**What the task requires**
What are the lines from the one containing "started_line : Event" through the end of the listing below? Return them exactly, and only them.

**Records**
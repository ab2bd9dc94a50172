-- ===== src/Command/Tests.antt =====
-- The pair command on a stream, and the other commands on their arguments.
use docker_mobile.Base.{
  ◌≡◌, refl, true, false, none, some, [], ◌∷◌, map, arith, codes, ◌==◌, nat_eq, text_eq, err,
  contains_byte, ◌<◌, ◌⊎◌, Option, Text, All, take, length, ◌++◌, if◌then◌else◌,
}
use docker_mobile.Pairing.Manager.{paired, Pending}
use docker_mobile.State.Devices.{Device, role_full}
use docker_mobile.Admin.{Event, event_started, ending_event, Server, started_event, report, gone}
use docker_mobile.Admin.Client.{stopped, responded}
use docker_mobile.Config.Address.{join_host_port}
use docker_mobile.Command.{
  CommandError, one_id_wanted, access_label, no_ending, stopped_after_code, cmd_pair, cmd_revoke,
  health_address,
}
use docker_mobile.Command.Told
use docker_mobile.Command.Told.{Tells, IsReadable}

abbrev server : Server
server = record {
  advertise = record { scheme = []; host = codes "agent.example"; port = codes "8377" };
  fingerprint = [];
  fingerprint_display = [];
  agent_name = codes "home";
}

abbrev pending : Pending
pending = record {
  id = codes "aa";
  code = codes "0AB1CDEFGHJK";
  role = role_full;
  name = [];
  expires_at = 1000;
  tries = 0;
  done = 0;
}

abbrev phone : Device
phone = record {
  id = codes "a1";
  name = codes "Pixel";
  role = role_full;
  token_hash = [];
  created_at = 1;
  last_seen_at = 1;
}

label_read_only : access_label (codes "readonly") ≡ codes "read-only"
unfolding access_label
label_read_only = refl

stopped_late : no_ending (some stopped) true ≡ stopped_after_code
unfolding no_ending
stopped_late = refl

two_ids :
    cmd_revoke [] (λ id. responded 200 none none) (codes "a" ∷ codes "b" ∷ []) ≡ err one_id_wanted
unfolding cmd_revoke
two_ids = refl

asks_loopback :
    health_address (λ h. h == codes "::") false ([], codes "8377")
    ≡ codes "https://127.0.0.1:8377/healthz"
unfolding health_address join_host_port contains_byte
asks_loopback = refl

-- A coding of two events.
started_line : Event
started_line = started_event server 6 pending server.advertise

encode : Event → Text
encode e = e.event

decode : Text → Option Event
decode t =
    if t == event_started
    then some started_line
    else if t == codes "paired"
    then some (ending_event (paired phone))
    else none

readable : All (IsReadable decode encode) (started_line ∷ report gone (paired phone))
unfolding decode encode started_line report started_event ending_event
readable = ((refl, omega arith), ((refl, omega arith), tt))

broken_line : decode (codes "{") ≡ none
unfolding decode
broken_line = refl

cmd_pair-Tells_example :
    Tells (paired phone) (
      cmd_pair decode true (codes "/data/admin.sock") (
        responded 200 none (
          take 1 (
            map encode
              (started_event server 6 pending server.advertise ∷ report gone (paired phone)))
          ++ (codes "{" ∷ []))))
    ⊎ ((1 < length (started_event server 6 pending server.advertise ∷ report gone (paired phone)))
        × ((e : CommandError) × (cmd_pair decode true (codes "/data/admin.sock") (
                responded 200 none (
                  take 1 (
                    map encode (
                      started_event server 6 pending server.advertise ∷ report gone (paired phone)))
                  ++ (codes "{" ∷ [])))
              ≡ err e)))
unfolding started_event started_line
cmd_pair-Tells_example =
    Told.cmd_pair-Tells decode encode true (codes "/data/admin.sock") server 6 pending
      server.advertise gone (paired phone) 1 (codes "{" ∷ []) (omega arith) readable
      (broken_line, tt)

**Expected output**
started_line : Event
started_line = started_event server 6 pending server.advertise

encode : Event → Text
encode e = e.event

decode : Text → Option Event
decode t =
    if t == event_started
    then some started_line
    else if t == codes "paired"
    then some (ending_event (paired phone))
    else none

readable : All (IsReadable decode encode) (started_line ∷ report gone (paired phone))
unfolding decode encode started_line report started_event ending_event
readable = ((refl, omega arith), ((refl, omega arith), tt))

broken_line : decode (codes "{") ≡ none
unfolding decode
broken_line = refl

cmd_pair-Tells_example :
    Tells (paired phone) (
      cmd_pair decode true (codes "/data/admin.sock") (
        responded 200 none (
          take 1 (
            map encode
              (started_event server 6 pending server.advertise ∷ report gone (paired phone)))
          ++ (codes "{" ∷ []))))
    ⊎ ((1 < length (started_event server 6 pending server.advertise ∷ report gone (paired phone)))
        × ((e : CommandError) × (cmd_pair decode true (codes "/data/admin.sock") (
                responded 200 none (
                  take 1 (
                    map encode (
                      started_event server 6 pending server.advertise ∷ report gone (paired phone)))
                  ++ (codes "{" ∷ [])))
              ≡ err e)))
unfolding started_event started_line
cmd_pair-Tells_example =
    Told.cmd_pair-Tells decode encode true (codes "/data/admin.sock") server 6 pending
      server.advertise gone (paired phone) 1 (codes "{" ∷ []) (omega arith) readable
      (broken_line, tt)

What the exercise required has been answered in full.